Today we're embarking on a journey to understand the fundamental force powering all life on earth.

Energy.

Right.

I mean, think about the incredible feat of something like a skunk cabbage actually melting its way through snow and ice in winter.

Yeah, that's amazing.

Keeping itself at a cozy 22 Celsius, that's 72 Fahrenheit,

just by burning energy.

How does it even manage that?

And, you know, what does it tell us about what's happening inside every living cell?

It's a fantastic example, really.

It showcases the constant transformations that, well, that are life, essentially.

So for this deep dive, we're digging into a key chapter from Raven Biology of Plants.

We're focusing on how energy flows, how it changes form, and how living systems manage it.

Our mission really is to pull out the essential insights, make these complex ideas clear, without you needing the textbook right there.

Absolutely.

We'll be unraveling the universe's basic energy rules, the laws of thermodynamics.

Then we'll dive into how cells handle electrons.

The electron downs.

Exactly.

Exploring enzymes and then understanding that universal energy money, you know, the stuff that keeps everything running.
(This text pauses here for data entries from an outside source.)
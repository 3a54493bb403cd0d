-- ===== src/Controller/Provision/Delivery.antt =====
-- handleProvisionClaim: what the secret, the config map and the object bucket that are sent to the API
-- server contain of what the provisioner has returned.
pub mod Stages
pub mod Sent
pub mod Whole
use lib_bucket_provisioner.Base.{
  Text, codes, true, StringMap, Option, none, some, [], ◌∷◌, ◌≡◌, refl,
}
use lib_bucket_provisioner.V1alpha1.{
  ObjectMeta, ObjectBucketClaim, ObjectBucket, Connection, Endpoint, AccessKeys, Authentication,
  Secret, ConfigMap, to_map,
}
use lib_bucket_provisioner.Cluster.Error.{done}
use lib_bucket_provisioner.Cluster.Event.{
  Event, Trace, claim_got, bucket_created, bucket_updated, secret_created, secret_updated,
  config_map_created, config_map_updated, provisioned, granted,
}
use lib_bucket_provisioner.Cluster.Env.{Env}
use lib_bucket_provisioner.Cluster.Ordered.{Any}
use lib_bucket_provisioner.Helpers.Metadata.{finalizer, contains}
use lib_bucket_provisioner.Helpers.Ownership.{make_owner_reference, make_object_reference}
use lib_bucket_provisioner.Helpers.Names.{object_bucket_name_from_claim_key}
use lib_bucket_provisioner.Handlers.Objects.{itoa}
use lib_bucket_provisioner.Controller.Provision.Unmodified.{Answered}

-- Provision or Grant has returned this object bucket.
abbrev pub Provided : ObjectBucket → Event → Type 0
Provided ob (provisioned o (done (some got))) = got ≡ ob
Provided ob (granted o (done (some got))) = got ≡ ob
Provided ob _ = ⊥

abbrev pub ClaimRead : ObjectBucketClaim → Event → Type 0
ClaimRead obc (claim_got ns name (done got)) = got ≡ obc
ClaimRead obc _ = ⊥

-- The object has the claim's name and namespace, the finalizer, and the claim as its owner.
abbrev pub OwnedBy : ObjectBucketClaim → ObjectMeta → Type 0
OwnedBy obc m =
    (m.name ≡ obc.meta.name)
    × (m.namespace ≡ obc.meta.namespace)
    × (contains finalizer m.finalizers ≡ true)
    × (m.owner_references ≡ make_owner_reference obc ∷ [])

-- The secret's data: the two keys, or nothing.
abbrev pub KeyData : Option AccessKeys → StringMap → Type 0
KeyData none m = m ≡ some []
KeyData (some ak) m =
    m
    ≡ some (
        (codes "AWS_ACCESS_KEY_ID", ak.access_key_id)
        ∷ (codes "AWS_SECRET_ACCESS_KEY", ak.secret_access_key)
        ∷ [])

-- The config map's data.
abbrev pub EndpointData : Endpoint → StringMap → Type 0
EndpointData ep m =
    m
    ≡ some (
        (codes "BUCKET_NAME", ep.bucket_name)
        ∷ (codes "BUCKET_HOST", ep.bucket_host)
        ∷ (codes "BUCKET_PORT", itoa ep.bucket_port)
        ∷ (codes "BUCKET_REGION", ep.region)
        ∷ (codes "BUCKET_SUBREGION", ep.sub_region)
        ∷ [])

-- The secret has the keys of the object bucket's connection.
abbrev pub CredentialsOf : ObjectBucketClaim → ObjectBucket → Secret → Type 0
CredentialsOf obc ob s =
    (c : Connection) × (auth : Authentication) × (ob.spec.connection ≡ some c)
    × (c.authentication ≡ some auth)
    × KeyData auth.access_keys s.string_data
    × OwnedBy obc s.meta

-- The config map has the endpoint of the object bucket's connection.
abbrev pub AddressOf : ObjectBucketClaim → ObjectBucket → ConfigMap → Type 0
AddressOf obc ob cm =
    (c : Connection) × (ep : Endpoint) × (ob.spec.connection ≡ some c)
    × (c.endpoint ≡ some ep)
    × EndpointData ep cm.config_data
    × OwnedBy obc cm.meta

-- A claim that the API server has answered with, and an object bucket of the provisioner.
abbrev pub From : ObjectBucketClaim → ObjectBucket → Trace → Type 0
From obc ob t = Any (Answered obc) t × Any (Provided ob) t

module _ (E : Env) (key : Text) where
  -- The object bucket that is sent has the provisioner's connection, the name of the key, the
  -- finalizer and the claim's storage class.
  abbrev pub BucketOf : ObjectBucketClaim → ObjectBucket → ObjectBucket → Type 0
  BucketOf obc ob sent =
      (sent.spec.connection ≡ ob.spec.connection)
      × (sent.spec.storage_class_name ≡ obc.spec.storage_class_name)
      × (contains finalizer sent.meta.finalizers ≡ true)
      × ((n : Text) → object_bucket_name_from_claim_key E key ≡ done n → sent.meta.name ≡ n)

  abbrev pub Sent : ObjectBucket → Trace → Type 0
  Sent sent t =
      ((obc : ObjectBucketClaim) × (ob : ObjectBucket) × From obc ob t × BucketOf obc ob sent)
      × ((claim : ObjectBucketClaim) × Any (ClaimRead claim) t
          × (sent.spec.claim_ref ≡ some (make_object_reference claim)))

  abbrev pub SecretSent : Secret → Trace → Type 0
  SecretSent s t =
      (obc : ObjectBucketClaim) × (ob : ObjectBucket) × From obc ob t × CredentialsOf obc ob s

  abbrev pub ConfigMapSent : ConfigMap → Trace → Type 0
  ConfigMapSent cm t =
      (obc : ObjectBucketClaim) × (ob : ObjectBucket) × From obc ob t × AddressOf obc ob cm

  abbrev pub DeliveryGuard : Event → Trace → Type 0
  DeliveryGuard (secret_created s r) t = SecretSent s t
  DeliveryGuard (secret_updated s r) t = SecretSent s t
  DeliveryGuard (config_map_created cm r) t = ConfigMapSent cm t
  DeliveryGuard (config_map_updated cm r) t = ConfigMapSent cm t
  DeliveryGuard (bucket_created sent r) t = Sent sent t
  DeliveryGuard (bucket_updated sent r) t = Sent sent t
  DeliveryGuard _ t = Unit {0}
So yeah, get ready to unpack some seriously cool biology.

Let's do it.

Okay.

Let's start big picture.

Our planet is fundamentally solar powered.

It's based in this huge amount of energy from the sun, something like 13 times 10 to the 23 calories a year.

Just immense.

Unbelievable numbers.

But here's the kicker.

Less than 1%.

Less than 1 % of that is actually captured by plants and other photosynthetic organisms.

Just a tiny sliver.

And that tiny fraction drives almost everything.
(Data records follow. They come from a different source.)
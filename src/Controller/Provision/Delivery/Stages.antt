-- ===== src/Controller/Provision/Delivery/Stages.antt =====
-- The stages of handleProvisionClaim that make and send the objects.
use lib_bucket_provisioner.Base.{Text, ◌==◌, StringMap, Option, none, some, ◌≡◌, refl}
use lib_bucket_provisioner.V1alpha1.{
  ObjectBucketClaim, ObjectBucket, StorageClass, Endpoint, AccessKeys, Authentication, Secret,
  ConfigMap, access_keys_to_map, to_map,
}
use lib_bucket_provisioner.Cluster.Error.{Reply, done, failed, is_already_exists}
use lib_bucket_provisioner.Cluster.Event.{
  Event, bucket_got, bucket_created, bucket_updated, secret_created, secret_updated,
  config_map_created, config_map_updated,
}
use lib_bucket_provisioner.Cluster.Env.{Env}
use lib_bucket_provisioner.Cluster.Monad.{pure, raise, lift, ◌>>=◌, continue}
use lib_bucket_provisioner.Cluster.Emits.{
  Emits, Emits-bind, Emits-call, Emits-attempt, Emits-raise, Emits-map_error, Emits-if, Emits-pure,
}
use lib_bucket_provisioner.Helpers.Metadata.{add_labels, add_finalizers}
use lib_bucket_provisioner.Helpers.Metadata.Laws.{add_finalizers-contains}
use lib_bucket_provisioner.Helpers.Metadata.{contains}
use lib_bucket_provisioner.Helpers.Names.{
  compose_secret_name, compose_config_map_name, object_bucket_name_from_claim_key,
  set_object_bucket_name, renamed,
}
use lib_bucket_provisioner.Handlers.Objects.{
  owned_meta, new_credentials_secret, new_bucket_config_map,
}
use lib_bucket_provisioner.Handlers.Create.{
  updated_or, secret_after_create, create_or_update_secret, config_map_after_create,
  create_or_update_config_map, update_existing_bucket, bucket_after_create,
  create_or_update_object_bucket,
}
use lib_bucket_provisioner.Controller.Resources.{Controller}
use lib_bucket_provisioner.Controller.Provision.{completed_bucket}
use lib_bucket_provisioner.Controller.Provision.Delivery.{OwnedBy, KeyData, EndpointData, BucketOf}

-- A secret that newCredentialsSecret makes.
abbrev pub IsCredentials : ObjectBucketClaim → Option Authentication → Secret → Type 0
IsCredentials obc auth s =
    (a : Authentication) × (auth ≡ some a)
    × KeyData a.access_keys s.string_data
    × OwnedBy obc s.meta

abbrev pub IsAddress : ObjectBucketClaim → Option Endpoint → ConfigMap → Type 0
IsAddress obc endpoint cm =
    (ep : Endpoint) × (endpoint ≡ some ep) × EndpointData ep cm.config_data × OwnedBy obc cm.meta

to_map-KeyData : (a : Authentication) → KeyData a.access_keys (to_map (some a))
unfolding to_map access_keys_to_map
to_map-KeyData a = keys a.access_keys refl
  where
    keys : (k : Option AccessKeys) → a.access_keys ≡ k → KeyData k (to_map (some a))
    keys none e = rw (e) refl
    keys (some ak) e = rw (e) refl

owned_meta-OwnedBy :
    (obc : ObjectBucketClaim) (labels : StringMap)
    → OwnedBy obc (owned_meta obc.meta.name obc labels)
unfolding owned_meta contains ◌==◌
owned_meta-OwnedBy obc labels = (refl, refl, refl, refl)

module _ {E : Env} {P : Event → Type 0} where
  updated_or-quiet : {A : Type 0} (x : _) (r : Reply A) → Emits P (updated_or {E = E} x r)
  unfolding updated_or
  updated_or-quiet x (done a) = Emits-pure _
  updated_or-quiet x (failed e) = Emits-raise _

  secret_after_create-Sends :
      (s : Secret)
      → ((r : Reply Secret) → P (secret_updated s r))
      → (r : Reply Secret) → Emits P (secret_after_create {E = E} s r)
  unfolding secret_after_create
  secret_after_create-Sends s updated (done _) = Emits-pure _
  secret_after_create-Sends s updated (failed e) =
      Emits-if (is_already_exists e) _ _
        (Emits-bind (Emits-attempt (Emits-call _ _ updated)) (updated_or-quiet _)) (Emits-raise e)

  -- The secret that is sent is made of the authentication.
  pub create_or_update_secret-Sends :
      (obc : ObjectBucketClaim) (auth : Option Authentication) (labels : StringMap)
      → ((s : Secret)
          → IsCredentials obc auth s
          → ((r : Reply Secret) → P (secret_created s r))
            × ((r : Reply Secret) → P (secret_updated s r)))
      → Emits P (create_or_update_secret {E = E} obc auth labels)
  unfolding create_or_update_secret new_credentials_secret lift pure raise ◌>>=◌ continue
      compose_secret_name
  create_or_update_secret-Sends obc none labels sends = Emits-raise _
  create_or_update_secret-Sends obc (some a) labels sends =
      let s : Secret = record {
        meta = owned_meta obc.meta.name obc labels;
        string_data = to_map (some a);
      } in
      let sent = sends s (a, refl, to_map-KeyData a, owned_meta-OwnedBy obc labels) in
      Emits-bind (Emits-attempt (Emits-call _ _ sent.0)) (secret_after_create-Sends s sent.1)

  config_map_after_create-Sends :
      (cm : ConfigMap)
      → ((r : Reply ConfigMap) → P (config_map_updated cm r))
      → (r : Reply ConfigMap) → Emits P (config_map_after_create {E = E} cm r)
  unfolding config_map_after_create
  config_map_after_create-Sends cm updated (done _) = Emits-pure _
  config_map_after_create-Sends cm updated (failed e) =
      Emits-if (is_already_exists e) _ _
        (Emits-bind (Emits-attempt (Emits-call _ _ updated)) (updated_or-quiet _)) (Emits-raise e)

  pub create_or_update_config_map-Sends :
      (obc : ObjectBucketClaim) (endpoint : Option Endpoint) (labels : StringMap)
      → ((cm : ConfigMap)
          → IsAddress obc endpoint cm
          → ((r : Reply ConfigMap) → P (config_map_created cm r))
            × ((r : Reply ConfigMap) → P (config_map_updated cm r)))
      → Emits P (create_or_update_config_map {E = E} obc endpoint labels)
  unfolding create_or_update_config_map new_bucket_config_map lift pure raise ◌>>=◌ continue
      compose_config_map_name
  create_or_update_config_map-Sends obc none labels sends = Emits-raise _
  create_or_update_config_map-Sends obc (some ep) labels sends =
      let sent = sends _ (ep, refl, refl, owned_meta-OwnedBy obc labels) in
      Emits-bind (Emits-attempt (Emits-call _ _ sent.0)) (config_map_after_create-Sends _ sent.1)

  -- The object bucket is sent as it is, or at another version.
  pub create_or_update_object_bucket-Sends :
      (ob : ObjectBucket)
      → ((name : Text) (r : Reply ObjectBucket) → P (bucket_got name r))
      → ((r : Reply ObjectBucket) → P (bucket_created ob r))
      → ((v : Text) (r : Reply ObjectBucket)
          → P (bucket_updated (record ob { meta = record ob.meta { resource_version = v } }) r))
      → Emits P (create_or_update_object_bucket {E = E} ob)
  unfolding create_or_update_object_bucket bucket_after_create update_existing_bucket
  create_or_update_object_bucket-Sends ob read created updated =
      Emits-bind (Emits-attempt (Emits-call _ _ created)) after
    where
      after : (r : Reply ObjectBucket) → Emits P (bucket_after_create {E = E} ob r)
      after (done _) = Emits-pure _
      after (failed e) =
          Emits-if (is_already_exists e) _ _
            (Emits-bind (Emits-map_error _ (Emits-call _ _ (read _)))
              (λ current. Emits-map_error _ (Emits-call _ _ (updated _))))
            (Emits-raise _)

renamed_lem :
    (ob : ObjectBucket) (r : Reply Text)
    → ((renamed ob r).spec.connection ≡ ob.spec.connection)
      × ((n : Text) → r ≡ done n → (renamed ob r).meta.name ≡ n)
unfolding renamed
renamed_lem ob (done m) = (refl, λ n e. cc)
renamed_lem ob (failed x) = (refl, λ n e. cc)

set_object_bucket_name_lem :
    (E : Env) (key : Text) (ob : ObjectBucket)
    → ((set_object_bucket_name E ob key).spec.connection ≡ ob.spec.connection)
      × ((n : Text)
          → object_bucket_name_from_claim_key E key ≡ done n
          → (set_object_bucket_name E ob key).meta.name ≡ n)
unfolding set_object_bucket_name
set_object_bucket_name_lem E key ob = renamed_lem ob (object_bucket_name_from_claim_key E key)

pub completed_bucket-BucketOf :
    (E : Env) (c : Controller) (key : Text) (obc : ObjectBucketClaim) (class : StorageClass)
    (ob : ObjectBucket)
    → BucketOf E key obc ob (completed_bucket E c key obc class ob)
unfolding completed_bucket add_labels add_finalizers
completed_bucket-BucketOf E c key obc class ob =
    let named = set_object_bucket_name_lem E key ob in
    (
      named.0,
      refl,
      add_finalizers-contains
          (add_labels (set_object_bucket_name E ob key).meta c.provisioner_labels),
      named.1,
    )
It transforms light into chemical, electrical, mechanical energy.

It's really the essence of life.

It is.

And you could even view evolution as this ongoing competition for using those energy resources most efficiently.

Interesting way to put it.

And to really understand this flow, we first need to define energy itself.

Simply put, it's just the capacity to do work.

Our understanding has evolved though.

For centuries, people thought heat was some kind of separate weightless fluid called caloric.

But then the steam engine came along and it forced us to connect heat and motion to work.

That's really where thermodynamics, the science of energy transformations began.

Okay.

So let's get into those rules.

The first law of thermodynamics.

This one seems, well, pretty straightforward.

It is, fundamentally.

Energy can be changed from one form to another, but it can't be created or destroyed.

Like an engine.

Chemical energy and fuel becomes heat, then movement.

Some energy gets lost, maybe as friction or heat in the exhaust.

But the total amount of energy stays the same.

It's like cosmic bookkeeping.

That's a great way to think about it.

A bookkeeping rule for energy, income, and spending.

And when we talk about a system that could be anything, a cell, a tree, the earth, and the surroundings is everything outside it.

The first law just guarantees the total energy of the system plus its surroundings always balances out after any change.

Potential energy.

Kinetic energy.

Exactly.

Potential energy is stored energy like oil in a barrel or a boulder perched uphill.

Kinetic energy is the energy of motion light, electricity, a moving car.

They're always converting back and forth.

Okay.

So that's the accounting.

But you mentioned the second law of thermodynamics is maybe more relevant biologically.

Yes, much more so.

This one tells us about the direction things go, the usability of energy.

It's sometimes called times arrow.

It states that in any energy exchange, if the system is closed off, the potential energy of the final state will always be less than the initial state.

Meaning?

Meaning useful energy tends to get dispersed or lost, usually as heat becoming unavailable to do useful work.

It's why things run down.

Like the boulder rolling downhill, but never back up on its own.

Precisely.

Or heat flowing from a hot cup to the cooler air, never the other way around spontaneously.

Processes that release usable energy are called exergonic.

They can happen spontaneously.

Though not always fast, right?

Not necessarily fast, no.

And processes that require an input of energy are endergonic.

Okay.

Exergonic releases, endergonic requires.

Now a key factor here is enthalpy, delta H.

That's the change in heat content.

Exergonic reactions are often exothermic.

They give off heat.

Like burning glucose releases a lot of heat, about negative 673 kilocalories per mole.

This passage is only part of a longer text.